Alors, quelle promesse pour la DRH ?
Aujourd’hui, aucun de ces quatre « R » ne peut prétendre résumer la réalité de la DRH sur le terrain. En fonction des entreprises, des contextes, des moments, elle peut accorder plus ou moins de place à l’un ou l’autre. D’autres s’y ajoutent. Le « R » de Responsabilité humaine prend de l’importance : responsabilité de l’entreprise vis-à-vis du collaborateur, de l’entreprise vis-à-vis de la société et de l’environnement, du collaborateur vis-à-vis des causes qui lui tiennent à cœur et qui l’aident à se sentir engagé. Le « R » de Réseau met l’accent sur la gestion des conséquences et des opportunités du digital dans la vie de la communauté humaine qu’est l’entreprise. Le « R » de Renouveau mise sur l’innovation, technologique et surtout organisationnelle. Mais tous ces « R » renvoient à des aspects du métier, à des façons de faire, à des outils. Les quatre que nous avons identifiés définissent des postures, des dominantes.
Aujourd’hui, la doctrine enseignée, et que beaucoup de DRH s’efforcent de mettre en œuvre, se rattache le plus souvent au « R » de Ressources. Avec quelques éléments de langage empruntés au « R » de Richesses, parfois à celui de Relations.

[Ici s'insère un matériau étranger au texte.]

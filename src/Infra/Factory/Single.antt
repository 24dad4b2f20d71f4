-- ===== src/Infra/Factory/Single.antt =====
-- The dispatch of one prompt in daemon/src/infra/factory-dispatch.ts: the payload, the session, the
-- monitoring and the result. What is outside (the prompt file, Kilo, the database, the audit) is the
-- record `Host`; writing the task row has no influence, since its errors are caught. Of a result that
-- is printed the output is left out.

use repomap_core.Prelude.{
  ltb, ℕ, ◌+◌, String, Bool, true, false, ◌||◌, List, [], ◌∷◌, Option, none, some, str_eq,
  if◌then◌else◌, or_else, first_some,
}
use repomap_core.Prelude.Words.{strip_prefix, has_prefix, replace_all}
use repomap_core.Infra.CardPrompt.{
  ◌<>◌, given, Prompts, CardExitPromptResolution, resolve_card_exit_prompt, inject_card_exit_prompt,
}
use repomap_core.Infra.Kilo.{
  ChildSession, fetch_children, Server, Messages, listed, malformed, fetch_messages, extract_result,
}
use repomap_core.Infra.Kilo.Rounds.{
  MonitorConfig, MonitorResult, Outcome, ended, threw, out_of_fuel, monitor_session,
}
use repomap_core.Infra.Factory.{FactoryDispatchConfig, ExitCode, filled}
use repomap_core.Infra.Factory.Molecule.{SingleReply, exit, outcome}

pub record PromptPart : Type 0 where
  pub kind : String
  pub text : Option String

pub record PromptPayload : Type 0 where
  pub agent : Option String
  pub parts : List PromptPart
  pub bead_id : Option String

-- the file is not there, cannot be read as a payload, or is one
pub data PromptFile : Type 0 where
  missing unusable : PromptFile
  loaded : PromptPayload → PromptFile

-- an answer of the audit: the card and whether it passed
pub record AuditResult : Type 0 where
  pub card_id : String
  pub passed : Bool

pub record Host : Type 0 where
  pub prompt_file : String → PromptFile
  -- none where the request fails
  pub create_session : String → Option String
  pub default_title : String → String
  pub formula_of_bead : String → Option String
  pub prompts : Prompts
  pub accepts_prompt : String → PromptPayload → Bool
  pub server : Server
  pub audit : String → String → Option AuditResult

-- `promptArg.endsWith(".json")`: the text ends where the suffix does
unfoldable pub ends_with : String → String → Bool
ends_with String.[] suffix = str_eq String.[] suffix
ends_with (String.◌∷◌ c cs) suffix =
    let rest = ends_with cs suffix in str_eq (String.◌∷◌ c cs) suffix || rest

abbrev pub text_part : String → PromptPart
text_part text = record { kind = "text"; text = some text }

abbrev pub plain_payload : String → String → PromptPayload
plain_payload prompt_arg mode = record {
  agent = some mode;
  parts = text_part prompt_arg ∷ [];
  bead_id = none;
}

-- the payload of the file, with the mode where it names no agent; an empty agent is none
abbrev pub payload_of : PromptFile → String → String → Option PromptPayload
payload_of missing prompt_arg mode = none
payload_of unusable prompt_arg mode = some (plain_payload prompt_arg mode)
payload_of (loaded p) prompt_arg mode =
    some (record p { agent = some (or_else (given p.agent) mode) })

unfoldable pub build_prompt_payload : Host → String → String → Option PromptPayload
unfolding ends_with
build_prompt_payload host prompt_arg mode =
    if ends_with prompt_arg ".json"
    then payload_of (host.prompt_file prompt_arg) prompt_arg mode
    else some (plain_payload prompt_arg mode)

abbrev pub session_context : String → String
session_context session_id =
    "Dispatch context:\n- SESSION_ID: "
    <> (session_id <> "\nUse this exact SESSION_ID when running punch card self-check commands.")

unfoldable pub fill_in : String → String → String
unfolding replace_all
fill_in session_id text =
    replace_all (replace_all (replace_all text "$SESSION_ID" session_id) "${SESSION_ID}" session_id)
      "{{SESSION_ID}}" session_id

-- the text of a part that is a text
abbrev pub text_of : PromptPart → Option String
text_of p = if str_eq p.kind "text" then p.text else none

-- the loop, with the flag `injected`
unfoldable pub inject_part : String → Bool → Option String → PromptPart → PromptPart
unfolding fill_in
inject_part session_id injected none p = p
inject_part session_id true (some text) p = record p { text = some (fill_in session_id text) }
inject_part session_id false (some text) p = record p {
  text = some (session_context session_id <> ("\n\n" <> fill_in session_id text));
}

abbrev pub is_given : Option String → Bool
is_given none = false
is_given (some text) = true

unfoldable pub inject_parts : String → Bool → List PromptPart → List PromptPart
unfolding inject_part
inject_parts session_id injected [] = []
inject_parts session_id injected (p ∷ ps) =
    inject_part session_id injected (text_of p) p
    ∷ inject_parts session_id (injected || is_given (text_of p)) ps

abbrev pub has_text : List PromptPart → Bool
has_text [] = false
has_text (p ∷ ps) = let rest = has_text ps in is_given (text_of p) || rest

unfoldable pub inject_session_id : String → PromptPayload → PromptPayload
unfolding inject_parts
inject_session_id session_id payload =
    let parts = inject_parts session_id false payload.parts in
    record payload {
      parts =
          if has_text payload.parts then parts else text_part (session_context session_id) ∷ parts;
    }

-- `beadId.replace(/^repomap-core-/, "")`, and the full stops in it
unfoldable pub dots : String → ℕ
dots String.[] = 0
dots (String.◌∷◌ c cs) =
    let rest = dots cs in if has_prefix (String.◌∷◌ c cs) "." then 1 + rest else rest

unfoldable pub bead_depth : String → ℕ
unfolding dots
bead_depth bead_id = dots (or_else (strip_prefix bead_id "repomap-core-") bead_id) + 1

-- an empty formula and the text "null" are none
abbrev pub formula_given : Option String → Option String
formula_given none = none
formula_given (some formula) = if str_eq formula "null" then none else filled formula

abbrev pub card_resolution : Host → FactoryDispatchConfig → CardExitPromptResolution
card_resolution host config =
    if str_eq config.bead_id ""
    then resolve_card_exit_prompt host.prompts config.mode (filled config.card_id) none none
    else resolve_card_exit_prompt host.prompts config.mode (filled config.card_id)
        (some (bead_depth config.bead_id)) (formula_given (host.formula_of_bead config.bead_id))

abbrev pub put_text : Option String → String → PromptPart → PromptPart
put_text none prompt p = p
put_text (some text) prompt p = record p {
  text = some (inject_card_exit_prompt text (some prompt));
}

-- the first text part gets the exit prompt
unfoldable pub inject_first : String → List PromptPart → List PromptPart
unfolding inject_card_exit_prompt
inject_first prompt [] = []
inject_first prompt (p ∷ ps) =
    let rest = inject_first prompt ps in
    if is_given (text_of p) then put_text (text_of p) prompt p ∷ ps else p ∷ rest

abbrev pub with_exit_prompt : Option String → PromptPayload → PromptPayload
with_exit_prompt none payload = payload
with_exit_prompt (some prompt) payload = record payload {
  parts = inject_first prompt payload.parts;
}

unfoldable pub maybe_inject_card_prompt :
    Host → FactoryDispatchConfig → PromptPayload → PromptPayload
unfolding inject_first bead_depth resolve_card_exit_prompt
maybe_inject_card_prompt host config payload =
    with_exit_prompt (given (card_resolution host config).prompt) payload

abbrev pub monitor_config : FactoryDispatchConfig → MonitorConfig
monitor_config config = record {
  max_wait = config.max_wait;
  poll_interval = config.poll_interval;
  idle_confirm = config.idle_confirm;
}

-- the card that is audited: the configured one, or that of the mode
abbrev pub audited_card : Host → FactoryDispatchConfig → Option String
audited_card host config =
    first_some (filled config.card_id)
      (given (resolve_card_exit_prompt host.prompts config.mode none none none).card_id)

abbrev pub audit_of : Host → String → Option String → Option AuditResult
audit_of host session_id none = none
audit_of host session_id (some card_id) = host.audit session_id card_id

-- what is written at the end
pub record Dispatched : Type 0 where
  pub session_id : String
  pub title : String
  pub result : String
  pub children : ℕ
  pub child_session_ids : List String
  pub elapsed : ℕ
  pub audit : Option AuditResult

-- How a dispatch ends: an exit code, the session of a prompt that is not monitored, the result, or an
-- exception on an answer that cannot be read.
pub data Ending : Type 0 where
  stopped : ExitCode → Ending
  unmonitored : String → Ending
  finished : Dispatched → Ending
  crashed : Ending
  still_monitoring : Ending

-- `children.map((c) => c.id).filter(Boolean)`
abbrev pub ids_of : List ChildSession → List String
ids_of [] = []
ids_of (c ∷ cs) = let rest = ids_of cs in if str_eq c.id "" then rest else c.id ∷ rest

-- the second request for the children, where the monitoring saw one
unfoldable pub child_ids_of : Host → String → MonitorResult → ℕ → List String
unfolding fetch_children
child_ids_of host session_id monitor asked =
    if ltb 0 monitor.child_count
    then ids_of (fetch_children (host.server.children asked session_id))
    else []

-- After so many requests; an empty response is none.
unfoldable pub on_response :
    Host → FactoryDispatchConfig → String → String → MonitorResult → ℕ → Option String → Ending
unfolding child_ids_of
on_response host config session_id title monitor asked none = stopped ExitCode.no_response
on_response host config session_id title monitor asked (some result) = finished (record {
  session_id = session_id;
  title = title;
  result = result;
  children = monitor.child_count;
  child_session_ids = child_ids_of host session_id monitor asked;
  elapsed = monitor.elapsed;
  audit = audit_of host session_id (audited_card host config);
})

unfoldable pub on_messages :
    Host → FactoryDispatchConfig → String → String → MonitorResult → ℕ → Messages → Ending
unfolding on_response extract_result
on_messages host config session_id title monitor asked (listed messages) =
    on_response host config session_id title monitor asked (given (extract_result messages))
on_messages host config session_id title monitor asked malformed = crashed

unfoldable pub on_monitored : Host → FactoryDispatchConfig → String → String → Outcome → Ending
unfolding on_messages
on_monitored host config session_id title (ended monitor asked) =
    if monitor.completed
    then on_messages host config session_id title monitor (asked + 1)
        (fetch_messages (host.server.messages asked session_id))
    else stopped ExitCode.timeout
on_monitored host config session_id title threw = crashed
on_monitored host config session_id title out_of_fuel = still_monitoring

abbrev pub title_of : Host → FactoryDispatchConfig → String
title_of host config = or_else (filled config.title) (host.default_title config.mode)

-- the payload as it is sent
unfoldable pub sent_payload : Host → FactoryDispatchConfig → String → PromptPayload → PromptPayload
unfolding maybe_inject_card_prompt inject_session_id
sent_payload host config session_id payload =
    let p = inject_session_id session_id payload in
    maybe_inject_card_prompt host config
      (record p { bead_id = first_some (filled config.bead_id) p.bead_id })

unfoldable pub with_session : Host → FactoryDispatchConfig → PromptPayload → Option String → Ending
unfolding sent_payload on_monitored
with_session host config payload none = stopped ExitCode.session_creation_failed
with_session host config payload (some session_id) =
    if host.accepts_prompt session_id (sent_payload host config session_id payload)
    then (if config.no_monitor
        then unmonitored session_id
        else on_monitored host config session_id (title_of host config)
            (monitor_session host.server (monitor_config config) session_id 0))
    else stopped ExitCode.prompt_dispatch_failed

-- a prompt file that is missing is a usage error, with the number of a general one
unfoldable pub with_payload : Host → FactoryDispatchConfig → Option PromptPayload → Ending
unfolding with_session
with_payload host config none = stopped ExitCode.general_error
with_payload host config (some payload) =
    with_session host config payload (given (host.create_session (title_of host config)))

unfoldable pub dispatch_one : Host → FactoryDispatchConfig → Ending
unfolding with_payload build_prompt_payload
dispatch_one host config =
    with_payload host config (build_prompt_payload host config.prompt_arg config.mode)

-- The answer of `runSingleDispatch`, by whether the output is suppressed. A call that never returns, which
-- takes a poll interval of 0, stands as an exception.
abbrev pub reply_of : Bool → Ending → SingleReply
reply_of suppress_output (stopped code) = exit code
reply_of true (unmonitored session_id) = outcome (record {
  code = ExitCode.success;
  session_id = some session_id;
  result = none;
  elapsed_seconds = none;
})
reply_of true (finished d) = outcome (record {
  code = ExitCode.success;
  session_id = some d.session_id;
  result = some d.result;
  elapsed_seconds = some d.elapsed;
})
reply_of false (unmonitored session_id) = exit ExitCode.success
reply_of false (finished d) = exit ExitCode.success
reply_of suppress_output crashed = SingleReply.threw "unreadable answer"
reply_of suppress_output still_monitoring = SingleReply.threw "monitoring without end"

unfoldable pub run_single_dispatch : Host → FactoryDispatchConfig → Bool → SingleReply
unfolding dispatch_one
run_single_dispatch host config suppress_output =
    reply_of suppress_output (dispatch_one host config)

En pratique, cependant, sur le terrain, on retrouve surtout des DRH affairés à gérer les Risques. La complexité d’un cadre légal mouvant, la rapidité avec laquelle les outils numériques se déploient dans l’entreprise et la société laissent souvent peu de temps aux services RH pour faire autre chose que prévenir des catastrophes, garantir la conformité de la paie, des déclarations sociales, des consultations internes, de la formation, des licenciements, de l’utilisation des données des collaborateurs…
Selon la dernière radioscopie de l’Observatoire CEGOS, les DRH, appelés à juger les différents apports de leur fonction, placent aux premiers rangs de ceux-ci :
- leur rôle de conseil sur le terrain auprès des salariés et des managers
- leur rôle de partenaire stratégique et d’accompagnement du changement.
Mais au quotidien, leur rôle administratif demeure largement prédominant : il représente un quart de leur temps de travail, alors qu’il est considéré par les DRH eux-mêmes comme le moins important.
En l’état, la promesse de la DRH à l’entreprise semble être « vous en faites pas, patron, tout est sous contrôle ». Quant à la promesse de la DRH aux collaborateurs, elle est soit inexistante, soit purement incantatoire (le « bonheur au travail »), soit très limitée (« on fera tout pour votre développement quand on aura géré tout le reste »).
Nous croyons à la possibilité et à la nécessité d’une promesse plus positive, plus proactive, plus engageante. Nous souhaitons une DRH qui promet aux collaborateurs et aux managers une expérience de travail de qualité, et qui transforme son écoute en offre de services RH internes. Cela suppose, pour la fonction RH, de se recentrer sur le « R » des Relations humaines. Pour y parvenir, elle doit à la fois dégager du temps pour se reconcentrer sur cette promesse, et se doter des outils pertinents. Ce sera l’objet de notre troisième volet.